Poor Cows

We are a house of carnivores. Rae and I love our meat; beef, chicken, lamb, pork – basically anything but rabbit – with mustard, with veggies, with chips, on the barbie, on the George Forman Lean Mean Grilling Machine, roasted, on skewers, in stir fry.

Last night it was steak. Beautiful rare porterhouse steak with chips and steamed veggies. Then came warning sign #1.

“I love this meat.” says Phee. Instantly we know trouble is on the horizon for as soon as Phee starts talking about her dinner it means she’s about to stop eating it.

Two chips and a bit of broccoli later.

“Where does this meat come from?” asks Phee.

“Cows.” we reply.

“From a farm?” comes the wavering voice as she pokes a bit of dead cow on her plate.

“Yep.
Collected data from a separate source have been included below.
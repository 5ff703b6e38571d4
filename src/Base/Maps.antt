-- ===== src/Base/Maps.antt =====
-- A finite map from numbers as a function, with the writes and erasures of std::map.
use serverlite.Base.Tests.{◌==◌, if◌then◌else◌, ==_refl}
use Prim.Native.Nat.{ℕ}
use mathlib.Core.Option.{Option, none, some}
use mathlib.Core.Path.{◌≡◌}
use mathlib.Core.Logic.{◌≢◌}
use native.Mathlib.Omega.{arith}
use mathlib.Core.Bool.{Bool, true, false}

abbrev pub Map {ℓ} : Type ℓ → Type ℓ
Map A = ℕ → Option A

module _ {ℓ} {A : Type ℓ} where
  abbrev pub insert : Map A → ℕ → A → Map A
  insert m k v j = if k == j then some v else m j

  abbrev pub erase : Map A → ℕ → Map A
  erase m k j = if k == j then none else m j

  abbrev pub contains : Map A → ℕ → Bool
  contains m k = elim (m k) [ none ↦ false | some _ ↦ true ]

  pub insert_self : (m : Map A) (k : ℕ) (v : A) → insert m k v k ≡ some v
  insert_self m k v = ground arith

  pub insert_other : (m : Map A) (k j : ℕ) (v : A) → j ≢ k → insert m k v j ≡ m j
  insert_other m k j v h = ground arith

  pub erase_self : (m : Map A) (k : ℕ) → erase m k k ≡ none
  erase_self m k = ground arith

  pub erase_other : (m : Map A) (k j : ℕ) → j ≢ k → erase m k j ≡ m j
  erase_other m k j h = ground arith

  pub contains-insert_self : (m : Map A) (k : ℕ) (v : A) → contains (insert m k v) k ≡ true
  contains-insert_self m k v = rw (==_refl k, contains)

  pub contains-erase_self : (m : Map A) (k : ℕ) → contains (erase m k) k ≡ false
  contains-erase_self m k = rw (==_refl k, contains)
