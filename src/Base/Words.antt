-- ===== src/Base/Words.antt =====
-- Machine integers: 32-bit words in network order, and int32_t as the integer that a bit pattern
-- stands for.
use serverlite.Base.Lists.{length, Bytes}
use serverlite.Base.Tests.{ltb, if◌then◌else◌}
use Prim.Native.Nat.{ℕ, ◌+◌, ◌-◌, ◌*◌, ◌/◌, ◌%◌, ◌^◌, ◌≤◌, ◌<◌}
use mathlib.Core.Path.{◌≡◌, refl}
use mathlib.Core.Bool.{Bool, true, false}
use mathlib.Core.List.{[], ◌∷◌, ◌++◌}
use native.Mathlib.Omega.{arith}

-- `negsuc n` is -(n + 1).
pub data ℤ : Type 0 where
  pos : ℕ → ℤ
  negsuc : ℕ → ℤ

-- static_cast<int32_t> of the bit pattern `w`, below 2 ^ 32.
abbrev pub int32 : ℕ → ℤ
int32 w = if ltb w (2 ^ 31) then pos w else negsuc (2 ^ 32 - w - 1)

-- z > n and z < n, for a constant n of the program that is not negative.
abbrev pub int_gt : ℤ → ℕ → Bool
int_gt (pos k) n = ltb n k
int_gt (negsuc k) n = false

abbrev pub int_lt : ℤ → ℕ → Bool
int_lt (pos k) n = ltb k n
int_lt (negsuc k) n = true

-- The value, where it is not negative.
abbrev pub pos_part : ℤ → ℕ
pos_part (pos n) = n
pos_part (negsuc n) = 0

-- The four bytes of htonl(w).
unfoldable pub be32 : ℕ → Bytes
be32 w = (w / 2 ^ 24 % 256) ∷ (w / 2 ^ 16 % 256) ∷ (w / 2 ^ 8 % 256) ∷ (w % 256) ∷ []

-- ntohl of the first four bytes; a read past the end is none of the program's, and gives 0.
unfoldable pub read_be32 : Bytes → ℕ
read_be32 (a ∷ b ∷ c ∷ d ∷ _) = a * 2 ^ 24 + b * 2 ^ 16 + c * 2 ^ 8 + d
read_be32 _ = 0

pub length-be32 : (w : ℕ) → length (be32 w) ≡ 4
unfolding be32
length-be32 w = refl

pub read_be32-be32 : (w : ℕ) (rest : Bytes) → w < 2 ^ 32 → read_be32 (be32 w ++ rest) ≡ w
unfolding be32 read_be32
read_be32-be32 w rest h = omega arith

pub read_be32-append : (xs ys : Bytes) → 4 ≤ length xs → read_be32 (xs ++ ys) ≡ read_be32 xs
unfolding read_be32
read_be32-append (a ∷ b ∷ c ∷ d ∷ r) ys h = refl
read_be32-append _ ys h = absurd (omega arith)

pub int32_pos : (w : ℕ) → w < 2 ^ 31 → int32 w ≡ pos w
int32_pos w h = ground arith
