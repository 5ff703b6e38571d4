-- ===== src/Base/Stoi.antt =====
-- std::stoi, as the examples use it on the numbers of a protocol.
use serverlite.Base.Tests.{◌==◌, if◌then◌else◌, ltb, leb, lt→ltb}
use serverlite.Base.Lists.{Bytes}
use serverlite.Base.Options.{◌>>=◌}
use serverlite.Base.Words.{ℤ, pos, negsuc}
use serverlite.Base.Digits.{
  to_string, read_digits, read_digits-to_string, AllDigits, to_string_some, to_string-AllDigits,
}
use Prim.Native.Nat.{ℕ, zero, suc, ◌+◌, ◌-◌, ◌*◌, ◌^◌, ◌<◌}
use mathlib.Core.Path.{◌≡◌, refl, ap, ◌∙◌}
use mathlib.Core.Logic.{◌≢◌}
use mathlib.Core.Bool.{Bool, true, false, ◌&&◌, ◌||◌}
use mathlib.Core.Option.{Option, none, some}
use mathlib.Core.List.{[], ◌∷◌}
use native.Mathlib.Omega.{arith}

-- std::stoi: white space, a sign, and at least one digit; what follows the digits is not read.
-- none: it throws invalid_argument or out_of_range.
abbrev is_space : ℕ → Bool
is_space b = b == 32 || (leb 9 b && leb b 13)

abbrev is_digit : ℕ → Bool
is_digit b = leb 48 b && leb b 57

abbrev skip_space : Bytes → Bytes
skip_space [] = []
skip_space (b ∷ bs) = let rest = skip_space bs in if is_space b then rest else b ∷ bs

abbrev scan_digits : ℕ → Bytes → ℕ
scan_digits acc [] = acc
scan_digits acc (b ∷ bs) =
    let rest = scan_digits (acc * 10 + (b - 48)) bs in if is_digit b then rest else acc

abbrev magnitude : Bytes → Option ℕ
magnitude [] = none
magnitude (b ∷ bs) = if is_digit b then some (scan_digits 0 (b ∷ bs)) else none

abbrev negative : ℕ → ℤ
negative zero = pos 0
negative (suc n) = negsuc n

abbrev below_zero : ℕ → Option ℤ
below_zero n = if leb n (2 ^ 31) then some (negative n) else none

abbrev from_zero : ℕ → Option ℤ
from_zero n = if ltb n (2 ^ 31) then some (pos n) else none

abbrev signed : Bytes → Option ℤ
signed [] = none
signed (b ∷ bs) =
    if b == 45
    then magnitude bs >>= below_zero
    else if b == 43
    then magnitude bs >>= from_zero
    else magnitude (b ∷ bs) >>= from_zero

unfoldable pub stoi : Bytes → Option ℤ
stoi s = signed (skip_space s)

scan_digits-read : (acc : ℕ) (s : Bytes) → AllDigits s → scan_digits acc s ≡ read_digits acc s
scan_digits-read acc [] h = refl
scan_digits-read acc (b ∷ s) h =
    let digit : is_digit b ≡ true = ground arith in
    rw digit (scan_digits-read (acc * 10 + (b - 48)) s h.1)

stoi-digits :
    (s : Bytes)
    → s ≢ []
    → AllDigits s
    → read_digits 0 s < 2 ^ 31
    → stoi s ≡ some (pos (read_digits 0 s))
unfolding stoi
stoi-digits [] ne h small = absurd (ne refl)
stoi-digits (b ∷ s) ne h small =
    let digit : is_digit b ≡ true = ground arith in
    let space : is_space b ≡ false = ground arith in
    let minus : (b == 45) ≡ false = ground arith in
    let plus : (b == 43) ≡ false = ground arith in
    let scanned = scan_digits-read 0 (b ∷ s) h in
    let bound = lt→ltb _ _ small in
    rw (space, minus, plus, digit) (rw (rw digit at scanned) (rw bound))

pub stoi-to_string : (n : ℕ) → n < 2 ^ 31 → stoi (to_string n) ≡ some (pos n)
stoi-to_string n small =
    let value = read_digits-to_string n in
    stoi-digits (to_string n) (to_string_some n) (to_string-AllDigits n) (rw value small)
    ∙ ap (λ k. some (pos k)) value
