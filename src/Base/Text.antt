-- ===== src/Base/Text.antt =====
-- What the program uses of the standard library on text: std::search for the end of a line, and
-- substr up to a character.
use serverlite.Base.Tests.{◌==◌, if◌then◌else◌, ==_refl, ==_ne, Bool-cases, Option-cases, some_inj}
use serverlite.Base.Lists.{Bytes, length, drop}
use serverlite.Base.Options.{◌>>=◌}
use Prim.Native.Nat.{ℕ, ◌+◌, ◌≤◌}
use mathlib.Core.Path.{◌≡◌, refl, ap}
use mathlib.Core.Logic.{◌≢◌, inl, inr}
use mathlib.Core.Bool.{Bool, false, ◌&&◌}
use mathlib.Core.Option.{Option, none, some}
use mathlib.Core.List.{[], ◌∷◌, ◌++◌}
use native.Mathlib.Omega.{arith}

-- std::search for "\r\n": what stands before it, and behind it.
abbrev pub begins_lf : Bytes → Bool
begins_lf [] = false
begins_lf (b ∷ bs) = b == 10

unfoldable pub split_crlf : Bytes → Option (Bytes × Bytes)
split_crlf [] = none
split_crlf (b ∷ bs) =
    let later = split_crlf bs in
    if b == 13 && begins_lf bs then some ([], drop 1 bs) else (later >>= λ r. some (b ∷ r.0, r.1))

-- substr(0, find_first_of(c)), the whole string where there is no such character.
unfoldable pub before : ℕ → Bytes → Bytes
before c [] = []
before c (b ∷ bs) = let rest = before c bs in if b == c then [] else b ∷ rest

-- The character does not occur.
abbrev pub Lacks : ℕ → Bytes → Type 0
Lacks c [] = Unit
Lacks c (b ∷ bs) = (b ≢ c) × Lacks c bs

pub Lacks-append : (c : ℕ) (a b : Bytes) → Lacks c a → Lacks c b → Lacks c (a ++ b)
Lacks-append c [] b h k = k
Lacks-append c (x ∷ a) b h k = (h.0, Lacks-append c a b h.1 k)

pub split_crlf-line :
    (line rest : Bytes) → Lacks 13 line → split_crlf (line ++ 13 ∷ 10 ∷ rest) ≡ some (line, rest)
unfolding split_crlf
split_crlf-line [] rest h = refl
split_crlf-line (b ∷ line) rest h = rw (==_ne b 13 h.0, split_crlf-line line rest h.1)

pub before-found : (c : ℕ) (s t : Bytes) → Lacks c s → before c (s ++ c ∷ t) ≡ s
unfolding before
before-found c [] t h = rw (==_refl c)
before-found c (b ∷ s) t h = rw (==_ne b c h.0, before-found c s t h.1)

pub split_crlf_shorter :
    (b line rest : Bytes) → split_crlf b ≡ some (line, rest) → length rest + 2 ≤ length b
unfolding split_crlf
split_crlf_shorter [] line rest e = cc
split_crlf_shorter (x ∷ []) line rest e = ground arith
split_crlf_shorter (x ∷ y ∷ b) line rest e = elim (Bool-cases (x == 13 && y == 10)) [
  | inl found ↦
      let behind = ap (λ r. r.1) (some_inj ([], b) (line, rest) (rw found at e)) in
      let size = ap length behind in omega arith
  | inr later ↦ elim (Option-cases (split_crlf (y ∷ b))) [
    | inl failed ↦ absurd (cc (rw (later, failed) at e))
    | inr (r, q) ↦
        let shorter = split_crlf_shorter (y ∷ b) r.0 r.1 q in
        let size =
          ap (λ p. length p.1) (some_inj (x ∷ r.0, r.1) (line, rest) (rw (later, q) at e)) in
        omega arith
  ]
]

-- A line that was found stays found when more bytes come.
pub split_crlf-append :
    (a c line rest : Bytes)
    → split_crlf a ≡ some (line, rest)
    → split_crlf (a ++ c) ≡ some (line, rest ++ c)
unfolding split_crlf
split_crlf-append [] c line rest e = absurd (cc e)
split_crlf-append (b ∷ []) c line rest e = ground arith
split_crlf-append (b ∷ d ∷ a) c line rest e = elim (Bool-cases (b == 13 && d == 10)) [
  | inl found ↦
      let p = some_inj ([], a) (line, rest) (rw found at e) in
      rw found (ap (λ (q : Bytes × Bytes). some (q.0, q.1 ++ c)) p)
  | inr later ↦ elim (Option-cases (split_crlf (d ∷ a))) [
    | inl failed ↦ absurd (cc (rw (later, failed) at e))
    | inr (r, q) ↦
        let both = some_inj (b ∷ r.0, r.1) (line, rest) (rw (later, q) at e) in
        rw (later, split_crlf-append (d ∷ a) c r.0 r.1 q)
          (ap (λ (q : Bytes × Bytes). some (q.0, q.1 ++ c)) both)
  ]
]
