-- ===== src/Framing/Defs.antt =====
-- One turn of a decoding loop, and the loop on fuel.
use serverlite.Base.{ℕ, zero, suc, ◌<◌, ◌≡◌, List, [], ◌∷◌, ◌++◌, Bytes, length}

-- `wait`: the loop ends and nothing happens. `fail`: an error is reported and the loop ends with
-- the buffer as it is. `next`: callbacks run, the buffer is now the second argument.
pub data Turn (E : Type 0) : Type 0 where
  wait : Turn E
  fail : E → Turn E
  next : List E → Bytes → Turn E

-- The events reported, in order, and the bytes left in the buffer.
unfoldable pub run : {E : Type 0} → (Bytes → Turn E) → ℕ → Bytes → List E × Bytes
run turn zero buf = ([], buf)
run turn (suc f) buf = elim (turn buf) [
  | wait ↦ ([], buf)
  | fail e ↦ (e ∷ [], buf)
  | next es r ↦ let (es', r') = run turn f r in (es ++ es', r')
]

-- What makes a decoder indifferent to how the stream is cut into reads.
pub record IsIncremental {E : Type 0} (turn : Bytes → Turn E) : Type 0 where
  pub shrinks : (b : Bytes) (es : List E) (r : Bytes) → turn b ≡ next es r → length r < length b
  pub stable :
      (b c : Bytes) (es : List E) (r : Bytes)
      → turn b ≡ next es r
      → turn (b ++ c) ≡ next es (r ++ c)

-- The loop with the fuel that always suffices.
unfoldable pub decode : {E : Type 0} → (Bytes → Turn E) → Bytes → List E × Bytes
unfolding run
decode turn buf = run turn (suc (length buf)) buf
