-- ===== src/Framing/Laws.antt =====
-- The decoding loop: its fuel, its end, and streams cut into reads.
use serverlite.Base.{
  ℕ, zero, suc, ◌<◌, ◌≡◌, ◌≢◌, refl, sym, ◌∙◌, List, [], ◌∷◌, ◌++◌, Bytes, length, ap, append_assoc,
  arith, ◌⊎◌, inl, inr,
}
use serverlite.Framing.Defs.{Turn, wait, fail, next, run, decode, IsIncremental}

pub Turn-cases :
    {E : Type 0} (t : Turn E)
    → (t ≡ wait) ⊎ ((e : E) × (t ≡ fail e)) ⊎ ((es : List E) × (r : Bytes) × (t ≡ next es r))
Turn-cases wait = inl refl
Turn-cases (fail e) = inr (inl (e, refl))
Turn-cases (next es r) = inr (inr (es, r, refl))

module _ {E : Type 0} (turn : Bytes → Turn E) where
  run_wait : (f : ℕ) (b : Bytes) → turn b ≡ wait → run turn f b ≡ ([], b)
  unfolding run
  run_wait zero b e = refl
  run_wait (suc f) b e = rw (e, run)

  run_fail : (f : ℕ) (b : Bytes) (x : E) → turn b ≡ fail x → run turn (suc f) b ≡ (x ∷ [], b)
  unfolding run
  run_fail f b x e = rw (e, run)

  run_next :
      (f : ℕ) (b : Bytes) (es : List E) (r : Bytes)
      → turn b ≡ next es r
      → run turn (suc f) b ≡ (es ++ (run turn f r).0, (run turn f r).1)
  unfolding run
  run_next f b es r e = rw (e, run)

module _ {E : Type 0} (turn : Bytes → Turn E) (inc : IsIncremental turn) where
  -- Any two amounts of fuel above the buffer's length give the same run.
  pub run_fuel : (f g : ℕ) (b : Bytes) → length b < f → length b < g → run turn f b ≡ run turn g b
  run_fuel zero g b h k = absurd (omega arith)
  run_fuel (suc f) zero b h k = absurd (omega arith)
  run_fuel (suc f) (suc g) b h k = elim (Turn-cases (turn b)) [
    | inl e ↦ run_wait turn (suc f) b e ∙ sym (run_wait turn (suc g) b e)
    | inr (inl (x, e)) ↦ run_fail turn f b x e ∙ sym (run_fail turn g b x e)
    | inr (inr (es, r, e)) ↦
        let s = inc.shrinks b es r e in
        run_next turn f b es r e
        ∙ ap (λ (p : List E × Bytes). (es ++ p.0, p.1)) (run_fuel f g r (omega arith) (omega arith))
        ∙ sym (run_next turn g b es r e)
  ]

  -- With enough fuel the loop ends by its own test, never by running out.
  pub run_settles :
      (f : ℕ) (b : Bytes) (es : List E) (r : Bytes)
      → length b < f
      → turn (run turn f b).1 ≢ next es r
  run_settles zero b es r h = absurd (omega arith)
  run_settles (suc f) b es r h = elim (Turn-cases (turn b)) [
    | inl e ↦ rw (run_wait turn (suc f) b e) (λ p. cc)
    | inr (inl (x, e)) ↦ rw (run_fail turn f b x e) (λ p. cc)
    | inr (inr (es', r', e)) ↦
        let s = inc.shrinks b es' r' e in
        rw (run_next turn f b es' r' e) (run_settles f r' es r (omega arith))
  ]

  -- A run over `a` that ended waiting, continued when `c` has arrived, is the run over both.
  pub run-append :
      (f g h : ℕ) (a c : Bytes)
      → length a < f
      → length (a ++ c) < g
      → length ((run turn f a).1 ++ c) < h
      → turn (run turn f a).1 ≡ wait
      → run turn g (a ++ c) ≡ (
        (run turn f a).0 ++ (run turn h ((run turn f a).1 ++ c)).0,
        (run turn h ((run turn f a).1 ++ c)).1,
      )
  run-append zero g h a c p q k w = absurd (omega arith)
  run-append (suc f) zero h a c p q k w = absurd (omega arith)
  run-append (suc f) (suc g) h a c p q k w = elim (Turn-cases (turn a)) [
    | inl e ↦
        let k' : length (a ++ c) < h = rw (run_wait turn (suc f) a e) at k in
        rw (run_wait turn (suc f) a e) (run_fuel (suc g) h (a ++ c) q k')
    | inr (inl (x, e)) ↦
        let w' : turn a ≡ wait = rw (run_fail turn f a x e) at w in absurd (cc (sym e ∙ w'))
    | inr (inr (es, r, e)) ↦
        let e1 = run_next turn f a es r e in
        let k' : length ((run turn f r).1 ++ c) < h = rw e1 at k in
        let w' : turn (run turn f r).1 ≡ wait = rw e1 at w in
        let s = inc.shrinks a es r e in
        let s' = inc.shrinks (a ++ c) es (r ++ c) (inc.stable a c es r e) in
        let ih = run-append f g h r c (omega arith) (omega arith) k' w' in
        rw e1 (
          run_next turn g (a ++ c) es (r ++ c) (inc.stable a c es r e)
          ∙ ap (λ (p : List E × Bytes). (es ++ p.0, p.1)) ih
          ∙ ap (λ (l : List E). (l, (run turn h ((run turn f r).1 ++ c)).1))
              (sym (append_assoc es (run turn f r).0 _)))
  ]

  -- The same for `decode`: reading `a ++ c` at once reports what reading `a` and then `c` does,
  -- and leaves the same bytes.
  pub decode-append :
      (a c : Bytes)
      → turn (decode turn a).1 ≡ wait
      → decode turn (a ++ c) ≡ (
        (decode turn a).0 ++ (decode turn ((decode turn a).1 ++ c)).0,
        (decode turn ((decode turn a).1 ++ c)).1,
      )
  unfolding decode
  decode-append a c w =
      let left = (run turn (suc (length a)) a).1 in
      run-append (suc (length a)) (suc (length (a ++ c))) (suc (length (left ++ c))) a c
        (omega arith) (omega arith) (omega arith) w

  pub decode_settles : (b : Bytes) (es : List E) (r : Bytes) → turn (decode turn b).1 ≢ next es r
  unfolding decode
  decode_settles b es r = run_settles (suc (length b)) b es r (omega arith)

  -- One message in front.
  pub decode-next :
      (b : Bytes) (es : List E) (r : Bytes)
      → turn b ≡ next es r
      → decode turn b ≡ (es ++ (decode turn r).0, (decode turn r).1)
  unfolding decode
  decode-next b es r e =
      let s = inc.shrinks b es r e in
      run_next turn (length b) b es r e
      ∙ ap (λ (p : List E × Bytes). (es ++ p.0, p.1))
          (run_fuel (length b) (suc (length r)) r s (omega arith))

module _ {E : Type 0} (turn : Bytes → Turn E) where
  pub decode_wait : (b : Bytes) → turn b ≡ wait → decode turn b ≡ ([], b)
  unfolding decode
  decode_wait b e = run_wait turn (suc (length b)) b e

  pub decode_fail : (b : Bytes) (x : E) → turn b ≡ fail x → decode turn b ≡ (x ∷ [], b)
  unfolding decode
  decode_fail b x e = run_fail turn (length b) b x e
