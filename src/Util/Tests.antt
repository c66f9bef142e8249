-- ===== src/Util/Tests.antt =====
-- Names and patterns on concrete texts, and the theorems there.
use Prim.Native.String.{String}
use den.Base.{◌≡◌, refl, ◌↔◌}
use den.Base.Text.{◌<>◌}
use den.Util.{
  is_safe, sanitize_field_name, identifier_segment, replace_char, escape_like, validate_field_name,
}
use den.Util.Names.{AllPlain, sanitize_field_name_lem, validate_field_name-kept}
use den.Util.Like.{tokens}
use den.Util.Match.{Matches, Alike, escape_like-Matches}

drops_quotes : sanitize_field_name "a'); DROP--.b_1" ≡ "aDROP.b_1"
unfolding sanitize_field_name is_safe
drops_quotes = refl

escapes : escape_like "50%_\\" ≡ "50\\%\\_\\\\"
unfolding escape_like replace_char
escapes = refl

sanitize_field_name_lem_example :
    AllPlain (sanitize_field_name "a'b")
    × (sanitize_field_name (sanitize_field_name "a'b") ≡ sanitize_field_name "a'b")
    × (AllPlain "a'b" → sanitize_field_name "a'b" ≡ "a'b")
sanitize_field_name_lem_example = sanitize_field_name_lem "a'b"

validate_field_name-kept_example :
    (sanitize_field_name "created_at" ≡ "created_at")
    × (identifier_segment "created_at" ≡ "created_at")
unfolding validate_field_name
validate_field_name-kept_example = validate_field_name-kept "created_at" refl

-- A database that distinguishes every character from every other.
escape_like-Matches_example :
    (Matches (◌≡◌) (tokens (escape_like "5%" <> "%")) "5% off"
      ↔ ((a : String) × (u : String) × ("5% off" ≡ a <> u) × Alike (◌≡◌) "5%" a))
    × (Matches (◌≡◌) (tokens ("%" <> escape_like "5%")) "5% off"
        ↔ ((u : String) × (a : String) × ("5% off" ≡ u <> a) × Alike (◌≡◌) "5%" a))
    × (Matches (◌≡◌) (tokens ("%" <> (escape_like "5%" <> "%"))) "5% off" ↔ (
        (u : String) × (a : String) × (v : String) × ("5% off" ≡ u <> (a <> v))
        × Alike (◌≡◌) "5%" a))
escape_like-Matches_example = escape_like-Matches (◌≡◌) "5%" "5% off"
Just like the meat in your cheeseburger. It’s beef from a cow.”

This leads to only a temporary pause as Phee decides that we are wrong about cheeseburgers but what’s on her plate in front of her does come from a cow.

“It’s wrong to grow a cow to eat it.” and the (crocodile) tears begin to well.

Oh boy. She’s 7. She can’t get the hang of yesterday/today/tomorrow but she’s concerned about cow welfare. Sorry Phee, but until you can cook your own lentils you’re going to have to eat what we eat. Even if it is from a cow from a farm.

One Reply to “Poor Cows”

  1. Lisa Simpson eat your heart out (??) !

    I have the saxophone, if Phee ever decides to become like Lisa.